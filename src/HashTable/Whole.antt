-- ===== src/HashTable/Whole.antt =====
-- The buckets of a table, and RemoveAll.
use native.Mathlib.Nat.{mod-lt, one-le-pow}
use gray_core.Base.{
  ℕ, zero, suc, ◌<◌, ◌≡◌, inl, inr, refl, true, false, Bool-cases, some, List, [], get_elem?, ltb,
  lt→ltb, arith,
}
use mathlib.Core.Option.{none-ne-some}
use gray_core.Base.Bits.{bit_and-low}
use gray_core.HashTable.{
  Hashed, get_bucket_num, bucket_qty, remove_all, count_below, get_total_count, empty_below,
  is_empty_table,
}
use gray_core.HashTable.Entries.{Holds, IsTable, NoEntry}

module _ {ℓ} {A : Type ℓ} (hashed : Hashed A) (bits : ℕ) where
  -- GetBucketNum gives a bucket of the table, for every hash code.
  pub get_bucket_num-lt : (rid : ℕ) → get_bucket_num hashed bits rid < bucket_qty hashed bits
  unfolding get_bucket_num
  get_bucket_num-lt rid =
      rw (bit_and-low bits rid) (mod-lt rid (omega (arith, one-le-pow bits 2 (omega arith))))

  below :
      (table : ℕ → List A) (qty : ℕ)
      → ((b : ℕ) → b < qty → table b ≡ [])
      → (count_below hashed bits qty table ≡ 0) × (empty_below hashed bits qty table ≡ true)
  unfolding count_below empty_below
  below table zero h = (refl, refl)
  below table (suc qty) h =
      let rest = below table qty (λ b lt. h b (omega (arith, lt))) in
      (rw (h qty (omega arith), rest.0) (omega arith), rw (h qty (omega arith), rest.1) refl)

  -- RemoveAll leaves a table in order that holds no entry, whose count is 0 and that is empty.
  pub remove_all-empties :
      (table : ℕ → List A)
      → IsTable hashed bits table
      → IsTable hashed bits (remove_all hashed bits table)
        × (get_total_count hashed bits (remove_all hashed bits table) ≡ 0)
        × (is_empty_table hashed bits (remove_all hashed bits table) ≡ true)
        × ((rid : ℕ) → NoEntry hashed bits (remove_all hashed bits table) rid)
  unfolding get_total_count is_empty_table
  remove_all-empties table is =
      let none_left = below (remove_all hashed bits table) (bucket_qty hashed bits) cleared in
      (in_order, none_left.0, none_left.1, λ rid y code b held. nothing b y held)
    where
      cleared : (b : ℕ) → b < bucket_qty hashed bits → remove_all hashed bits table b ≡ []
      cleared b lt = unfold remove_all in rw (lt→ltb b (bucket_qty hashed bits) lt) refl

      kept :
          (b i : ℕ) (y : A)
          → get_elem? (remove_all hashed bits table b) i ≡ some y
          → (get_elem? (table b) i ≡ some y) × (ltb b (bucket_qty hashed bits) ≡ false)
      kept b i y at =
          unfold remove_all in
          elim (Bool-cases (ltb b (bucket_qty hashed bits))) [
            | inl inside ↦ absurd (none-ne-some y (rw (remove_all, inside) at at))
            | inr outside ↦ (rw (remove_all, outside) at at, outside)
          ]

      nothing : (b : ℕ) (y : A) → Holds hashed bits (remove_all hashed bits table b) y → ⊥
      nothing b y (i, at) =
          let (before, outside) = kept b i y at in
          ground
            (arith, is.placed b y (i, before), outside, get_bucket_num-lt (hashed.get_hash_code y))

      in_order : IsTable hashed bits (remove_all hashed bits table)
      in_order = record {
        sorted = λ b i j x y lt at_i at_j. absurd (nothing b x (i, at_i));
        unique = λ b i j x y at_i at_j same. absurd (nothing b x (i, at_i));
        placed = λ b y held. absurd (nothing b y held);
      }
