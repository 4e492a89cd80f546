-- ===== src/LinkedList.antt =====
-- include/cList.h and src/cList.cpp: `cListNode` and `cList`, doubly linked lists whose nodes know
-- the list that they are in. Nodes and lists stand in a store, at addresses; 0 is nullptr. The
-- functions that a class may override are those of the two classes themselves.
pub mod Effects
pub mod Ring
pub mod Removing
pub mod Walking
mod Tests
pub mod Moving
pub mod Inserting
pub mod Contents
use gray_core.Base.{
  ℕ, zero, suc, ◌+◌, ◌-◌, Bool, true, false, Option, none, some, ltb, ◌==◌, if◌then◌else◌,
}

pub record ListNode : Type 0 where
  pub parent : ℕ
  pub next : ℕ
  pub prev : ℕ

pub record LinkedList : Type 0 where
  pub head : ℕ
  pub tail : ℕ
  pub count : ℕ

pub record Store : Type 0 where
  pub nodes : ℕ → ListNode
  pub lists : ℕ → LinkedList

abbrev pub put {ℓ} : {A : Type ℓ} → (ℕ → A) → ℕ → A → ℕ → A
put f p x a = if a == p then x else f a

-- The writes to one field.
abbrev pub set_parent : ℕ → ℕ → Store → Store
set_parent p q s = record s { nodes = put s.nodes p (record (s.nodes p) { parent = q }) }

abbrev pub set_next : ℕ → ℕ → Store → Store
set_next p q s = record s { nodes = put s.nodes p (record (s.nodes p) { next = q }) }

abbrev pub set_prev : ℕ → ℕ → Store → Store
set_prev p q s = record s { nodes = put s.nodes p (record (s.nodes p) { prev = q }) }

abbrev pub set_head : ℕ → ℕ → Store → Store
set_head l q s = record s { lists = put s.lists l (record (s.lists l) { head = q }) }

abbrev pub set_tail : ℕ → ℕ → Store → Store
set_tail l q s = record s { lists = put s.lists l (record (s.lists l) { tail = q }) }

abbrev pub set_count : ℕ → ℕ → Store → Store
set_count l n s = record s { lists = put s.lists l (record (s.lists l) { count = n }) }

-- RemoveListNode, with OnChangeListParent.
unfoldable pub remove_list_node : ℕ → ℕ → Store → Store
remove_list_node l p s =
    let next = (s.nodes p).next in
    let prev = (s.nodes p).prev in
    let s = if next == 0 then set_tail l prev s else set_prev next prev s in
    let s = if prev == 0 then set_head l next s else set_next prev next s in
    let s = set_count l ((s.lists l).count - 1) s in set_parent p 0 (set_prev p 0 (set_next p 0 s))

unfoldable pub remove_from_parent : ℕ → Store → Store
remove_from_parent p s =
    let parent = (s.nodes p).parent in if parent == 0 then s else remove_list_node parent p s

-- What InsertListNode does once the new node is in no list.
unfoldable pub link_node : ℕ → ℕ → ℕ → Store → Store
link_node l new prev s =
    let next = if prev == 0 then (s.lists l).head else (s.nodes prev).next in
    let s = if prev == 0 then set_head l new s else set_next prev new s in
    let s = set_prev new prev s in
    let s = if next == 0 then set_tail l new s else set_prev next new s in
    let s = set_count l ((s.lists l).count + 1) s in set_parent new l (set_next new next s)

unfoldable pub insert_list_node : ℕ → ℕ → ℕ → Store → Store
insert_list_node l new prev s =
    let parent = (s.nodes new).parent in
    if new == 0
    then s
    else if parent == 0
    then link_node l new prev s
    else if parent == l
    then s
    else link_node l new prev (remove_from_parent new s)

unfoldable pub insert_before : ℕ → ℕ → ℕ → Store → Store
insert_before l new next s =
    insert_list_node l new (if next == 0 then (s.lists l).tail else (s.nodes next).prev) s

unfoldable pub insert_head : ℕ → ℕ → Store → Store
insert_head l new s = insert_list_node l new 0 s

unfoldable pub insert_tail : ℕ → ℕ → Store → Store
insert_tail l new s = insert_list_node l new (s.lists l).tail s

-- The loop of MoveListNodes; `none` is no fuel left.
unfoldable pub move_loop : ℕ → ℕ → ℕ → ℕ → Store → Option Store
move_loop zero l p prev s = if p == 0 then some s else none
move_loop (suc fuel) l p prev s =
    let rest =
      move_loop fuel l (s.nodes p).next p (insert_list_node l p prev (remove_from_parent p s)) in
    if p == 0 then some s else rest

-- A turn moves a node, so the count of the source is fuel enough.
unfoldable pub move_list_nodes : ℕ → ℕ → ℕ → Store → Option Store
move_list_nodes l source prev s =
    let moved = move_loop (s.lists source).count l (s.lists source).head prev s in
    if source == l then some s else if source == 0 then some s else moved

unfoldable pub walk : (ℕ → ListNode) → ℕ → ℕ → ℕ
walk nodes zero p = p
walk nodes (suc index) p = let rest = walk nodes index (nodes p).next in if p == 0 then 0 else rest

-- GetAt.
unfoldable pub get_at : ℕ → ℕ → Store → ℕ
get_at l index s = if ltb index (s.lists l).count then walk s.nodes index (s.lists l).head else 0

-- The loop of SetEmptyList, and of DisposeAll.
unfoldable pub empty_loop : ℕ → ℕ → Store → Option Store
empty_loop zero l s = if (s.lists l).head == 0 then some s else none
empty_loop (suc fuel) l s =
    let rest = empty_loop fuel l (remove_from_parent (s.lists l).head s) in
    if (s.lists l).head == 0 then some s else rest

-- ClearList.
unfoldable pub clear_list : ℕ → Store → Store
clear_list l s = set_count l 0 (set_tail l 0 (set_head l 0 s))

unfoldable pub set_empty_list : ℕ → Store → Option Store
set_empty_list l s = elim (empty_loop (s.lists l).count l s) [
  | none ↦ none
  | some s ↦ some (clear_list l s)
]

────

● Exercise: Which of the lines above include the word "false"? List those lines.

● Exercise result:
  ℕ, zero, suc, ◌<◌, ◌≡◌, inl, inr, refl, true, false, Bool-cases, some, List, [], get_elem?, ltb,
          → (get_elem? (table b) i ≡ some y) × (ltb b (bucket_qty hashed bits) ≡ false)
  ℕ, zero, suc, ◌+◌, ◌-◌, Bool, true, false, Option, none, some, ltb, ◌==◌, if◌then◌else◌,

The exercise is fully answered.